# Eclipse vergißt beim Exportieren Resources-Ordner



## Wambui (22. Sep 2014)

Hallo,

ich habe in meinem Eclipse-Projekt auf der Ebene des src-Ordners einen Ordner "resources" mit benötigten Dateien während der Laufzeit.
Wenn ich das Projekt in eine ausführbare Jar-Datei exportieren will und wird der Ordner "resources" inzwischen nicht mehr mitberücksichtigt und es werden eine Menge Compiler-Warnungen ausgegeben.

Da das Exportieren bereits schon einmal erfolgreich funktionierte, nehme ich an, dass ich unbewusst etwas in Eclipse verstellt hatte. Gibt es eine Möglichkeit Eclipse mitzuteilen, welche Ordner es bei dem Export berücksichtigen soll? Oder was kann die Ursache für das fehlerhafte Exportieren sein?

Grüße

Wambui


----------



## stg (22. Sep 2014)

Schau mal hier:
https://www.cs.utexas.edu/~scottm/cs307/handouts/Eclipse Help/jarInEclipse.htm


----------



## Wambui (22. Sep 2014)

Vielen Dank für den Link. Das hilft leider auch bei der schrittweisen Anleitung nicht weiter. 
Selbst wenn ich definitiv den Ordner markiere, wird er nicht in das Jar-File integriert.


----------



## EasyEagle (23. Sep 2014)

Hi Wambui,
wenn du einen Rechtsklick auf dein Projekt machst, dann "Build Path" -> "Confgure Build Path ..." erscheint ein Popup mit den Properties zu deinem Projekt. Ist dort unter dem Reiter "Source" dein Resources-Ordner enthalten?


----------



## Wambui (23. Sep 2014)

Hi EasyEagle,

guten Morgen. Ich habe das gerade noch einmal gecheckt:


EasyEagle hat gesagt.:


> Ist dort unter dem Reiter "Source" dein Resources-Ordner enthalten?


Unter dem Reiter "Source" habe ich die Einträge
"FeeCalculator/resources" 
 Included: (All)
 Excluded: (All)
 Native library location: (None)
 Ignore optional compile problems: No

und
"FeeCalculator/src"
 Included: (All)
 Excluded: (All)
 Native library location: (None)
 Ignore optional compile problems: No

Ich habe eine Zeit lang nicht den Export gnutzt und er hatte auch schon korrekt funktioniert.
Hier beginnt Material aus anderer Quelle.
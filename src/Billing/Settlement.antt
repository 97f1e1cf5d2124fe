-- ===== src/Billing/Settlement.antt =====
-- What the checks of a checkout (src/services/billingService.ts) establish about its money.
use mathlib.Core.Path.{subst}
use backend_v.Prelude.{
  ◌≡◌, refl, sym, ap, ◌∙◌, ◌&&◌, not, true, List, [], ◌∷◌, any, arith, Bool-cases, Option-cases,
  inl, inr, All, map,
}
use backend_v.Prelude.Int.{ℤ, pos, ◌+ℤ◌, ◌-ℤ◌, ◌<ℤ◌, leb_ℤ, int_laws}
use backend_v.Billing.Atomic.{check_cart-Reads}
use backend_v.Billing.Input.{CheckoutInput, CheckoutPayment, method_of}
use backend_v.Billing.Prepare.{
  Prepared, CheckedPayment, prepare, check_cart, settle, check_payment, check_payments, prepared_of,
  resolve_items, subtotal_from, is_credit,
}
use backend_v.Errors
use backend_v.Errors.Code.{payment_amount_mismatch, customer_required_for_credit}
use backend_v.Errors.{Failure, Result, ok, err, app}
use backend_v.Money.{Money, zero_money, add, round2, equals_money}
use backend_v.Money.Rounding.{add_lem}
use backend_v.Pricing.{get_effective_prices}
use backend_v.Store.Action.{Action, pure, ◌>>=◌, ◌>>◌, >>=-eq-ok, throw_if}
use backend_v.Store.Loops.{throw_if-eq-ok}
use backend_v.Store.Schema.{Db, Product, CashierSession, is_set}

-- The sum of the amounts of the payments.
unfoldable pub paid_amount : List CheckedPayment → ℤ
paid_amount [] = pos 0
paid_amount (p ∷ ps) = p.payment.amount +ℤ paid_amount ps

-- Every payment has an amount above 0.
abbrev pub HasAmounts : List CheckedPayment → Type 0
HasAmounts ps = All (λ p. pos 0 <ℤ p.payment.amount) ps

-- The parts of a round of the payment loop that ended.
abbrev Round :
    CheckoutPayment
    → Action (List CheckedPayment × Money)
    → Db
    → List CheckedPayment × Money
    → Db
    → Type 0
Round p others d r d' =
    (c : CheckedPayment) × (rest : List CheckedPayment × Money) × (c.payment ≡ p)
    × (pos 0 <ℤ p.amount)
    × (others d ≡ (ok rest, d'))
    × (r ≡ (c ∷ rest.0, rest.1))

ok-inj : {A : Type 0} (a b : A) (d d' : Db) → pure a d ≡ (ok b, d') → (a ≡ b) × (d ≡ d')
ok-inj a b d d' h = (cc h, ap (λ x. x.1) h)

last_part :
    (p : CheckoutPayment) (others : Action (List CheckedPayment × Money)) (d : Db)
    (r : List CheckedPayment × Money) (d' : Db) (c : CheckedPayment)
    → c.payment ≡ p
    → pos 0 <ℤ p.amount
    → (others >>= λ rest. pure (c ∷ rest.0, rest.1)) d ≡ (ok r, d')
    → Round p others d r d'
last_part p others d r d' c is positive h =
    let (rest, d1, first, last) = >>=-eq-ok others (λ x. pure (c ∷ x.0, x.1)) d r d' h in
    let (same, end) = ok-inj (c ∷ rest.0, rest.1) r d1 d' last in
    (c, rest, is, positive, first ∙ ap (λ x. (ok rest, x)) end, sym same)

check_payment-eq-ok :
    (p : CheckoutPayment) (others : Action (List CheckedPayment × Money)) (d : Db)
    (r : List CheckedPayment × Money) (d' : Db)
    → check_payment p others d ≡ (ok r, d')
    → Round p others d r d'
unfolding check_payment
check_payment-eq-ok p others d r d' h = elim (Option-cases (method_of p.method)) [
  | inl unknown ↦
      let refused : (err (app Errors.validation), d) ≡ (ok r, d') = rw unknown at h in cc refused
  | inr (method, known) ↦ elim (Bool-cases (leb_ℤ p.amount (pos 0))) [
    | inl low ↦
        let refused : (err (app Errors.validation), d) ≡ (ok r, d') = rw (known, low) at h in
        cc refused
    | inr positive ↦
        last_part p others d r d' (record { method = method; payment = p }) refl (ground arith)
          (rw (known, positive) at h)
  ]
]

-- The payment loop has added up the amounts, and each is above 0.
check_payments-eq-ok :
    (sum : Money) (payments : List CheckoutPayment) (d : Db) (r : List CheckedPayment × Money)
    (d' : Db)
    → check_payments sum payments d ≡ (ok r, d')
    → HasAmounts r.0 × (r.1 ≡ sum +ℤ paid_amount r.0)
unfolding check_payments paid_amount
check_payments-eq-ok sum [] d r d' h =
    let is : ([], sum) ≡ r = cc h in
    subst (λ r. HasAmounts r.0 × (r.1 ≡ sum +ℤ paid_amount r.0)) is (tt, omega int_laws)
check_payments-eq-ok sum (p ∷ payments) d r d' h =
    let (c, rest, is_p, positive, first, is) = check_payment-eq-ok p _ d r d' h in
    let (amounts, total) = check_payments-eq-ok (add sum p.amount) payments d rest d' first in
    let amount : c.payment.amount ≡ p.amount = ap (λ x. x.amount) is_p in
    subst (λ r. HasAmounts r.0 × (r.1 ≡ sum +ℤ paid_amount r.0)) (sym is)
      ((rw amount positive, amounts), grind (int_laws, total, add_lem sum p.amount, amount))

-- The payments of the result are those of the request.
check_payments-same :
    (sum : Money) (payments : List CheckoutPayment) (d : Db) (r : List CheckedPayment × Money)
    (d' : Db)
    → check_payments sum payments d ≡ (ok r, d')
    → map (λ c. c.payment) r.0 ≡ payments
unfolding check_payments
check_payments-same sum [] d r d' h =
    let is : ([], sum) ≡ r = cc h in subst (λ r. map (λ c. c.payment) r.0 ≡ []) is refl
check_payments-same sum (p ∷ payments) d r d' h =
    let (c, rest, is_p, positive, first, is) = check_payment-eq-ok p _ d r d' h in
    subst (λ r. map (λ c. c.payment) r.0 ≡ p ∷ payments) (sym is)
      (ap (λ x. x ∷ map (λ c. c.payment) rest.0) is_p
        ∙ ap (λ ps. p ∷ ps) (check_payments-same (add sum p.amount) payments d rest d' first))

-- What the checks have established when the transaction begins.
pub record Settled (i : CheckoutInput) (p : Prepared) (d : Db) : Type 0 where
  pub lines_are :
      p.lines ≡ resolve_items p.products (get_effective_prices d i.shop_id p.products) i.items
  pub subtotal_is : p.subtotal ≡ round2 (subtotal_from zero_money p.lines)
  pub grand_total_is : p.grand_total ≡ round2 (p.subtotal -ℤ zero_money +ℤ zero_money)
  pub payments_are : map (λ c. c.payment) p.payments ≡ i.payments
  pub amounts : HasAmounts p.payments
  pub balanced : equals_money (paid_amount p.payments) p.grand_total ≡ true
  pub credited : any is_credit p.payments ≡ true → is_set i.customer_id ≡ true

add_zero : (a : ℤ) → zero_money +ℤ a ≡ a
add_zero a = omega int_laws

abbrev tests : CheckoutInput → Prepared → Money → Action Prepared
tests i p sum = do
  throw_if (not (equals_money sum p.grand_total)) (app (Errors.bad_request payment_amount_mismatch))
  throw_if (any is_credit p.payments && not (is_set i.customer_id))
      (app (Errors.bad_request customer_required_for_credit))
  pure p

tests-eq-ok :
    (i : CheckoutInput) (p q : Prepared) (sum : Money) (d d' : Db)
    → tests i p sum d ≡ (ok q, d')
    → (p ≡ q)
      × (equals_money sum p.grand_total ≡ true)
      × (any is_credit p.payments ≡ true → is_set i.customer_id ≡ true)
tests-eq-ok i p q sum d d' h =
    let unequal = not (equals_money sum p.grand_total) in
    let nameless = any is_credit p.payments && not (is_set i.customer_id) in
    let (_, d1, t1, h1) =
      >>=-eq-ok (throw_if unequal (app (Errors.bad_request payment_amount_mismatch))) _ d q d' h in
    let (_, d2, t2, h2) =
      >>=-eq-ok (throw_if nameless (app (Errors.bad_request customer_required_for_credit)))
        (λ _. pure p) d1 q d' h1 in
    let (equal, _) = throw_if-eq-ok unequal _ d d1 t1 in
    let (named, _) = throw_if-eq-ok nameless _ d1 d2 t2 in
    let (is, _) = ok-inj p q d2 d' h2 in (is, ground arith, λ credit. ground arith)

settle-Settled :
    (i : CheckoutInput) (session : CashierSession) (products : List Product) (d : Db) (p : Prepared)
    (d' : Db)
    → settle i session products d ≡ (ok p, d')
    → Settled i p d
unfolding settle
settle-Settled i session products d p d' h =
    let (r, d1, checked, rest) = >>=-eq-ok (check_payments zero_money i.payments) _ d p d' h in
    let (amounts, total) = check_payments-eq-ok zero_money i.payments d r d1 checked in
    let (is, balanced, credited) = tests-eq-ok i _ p r.1 d1 d' rest in
    let sum : r.1 ≡ paid_amount r.0 = total ∙ add_zero (paid_amount r.0) in
    subst (λ q. Settled i q d) is
      (record {
        lines_are = refl;
        subtotal_is = refl;
        grand_total_is = refl;
        payments_are = check_payments-same zero_money i.payments d r d1 checked;
        amounts = amounts;
        balanced = rw sum at balanced;
        credited = credited;
      })

pub settle-products :
    (i : CheckoutInput) (session : CashierSession) (products : List Product) (d : Db) (p : Prepared)
    (d' : Db)
    → settle i session products d ≡ (ok p, d')
    → products ≡ p.products
unfolding settle
settle-products i session products d p d' h =
    let (r, d1, checked, rest) = >>=-eq-ok (check_payments zero_money i.payments) _ d p d' h in
    ap (λ q. q.products)
      (tests-eq-ok i
        (prepared_of session products
          (resolve_items products (get_effective_prices d i.shop_id products) i.items) r.0)
        p r.1 d1 d' rest).0

pub prepare-Settled :
    (i : CheckoutInput) (d : Db) (p : Prepared) (d' : Db) → prepare i d ≡ (ok p, d') → Settled i p d
unfolding prepare
prepare-Settled i d p d' h =
    let (cart, d1, checked, rest) = >>=-eq-ok (check_cart i) (λ x. settle i x.0 x.1) d p d' h in
    let same : d1 ≡ d = sym (ap (λ r. r.1) checked) ∙ (check_cart-Reads i).same d in
    subst (Settled i p) same (settle-Settled i cart.0 cart.1 d1 p d' rest)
Nur eben jetzt schreibt er den Ordner resources aus mir nicht nachvollziehbaren Gründen nicht mehr ins Jar-File rein.


----------



## EasyEagle (23. Sep 2014)

Hmm...
du kannst bei Rechtsklick auf den Resource Ordner unter "Build Path" -> "use as Source Folder" den Ordner as Source deklarieren.
Aber das ist meines Wissen das Selbe wie der Weg den ich oben beschrieben hab (Projekt -> Build Path -> Reiter Source)

Beim Export als Jar kommt ja das Fenster "JAR File Specification" dort kannst du unter "Select the resources to export" auswählen was alles exportiert werden soll. Wenn der Resource Ordner nicht als Source Ordner deklariert ist, wird er an dieser Stelle auch nicht angezeigt.
Ansonsten müsstest du ihn an dieser Stelle selektieren können und damit mit ins Jar exportieren.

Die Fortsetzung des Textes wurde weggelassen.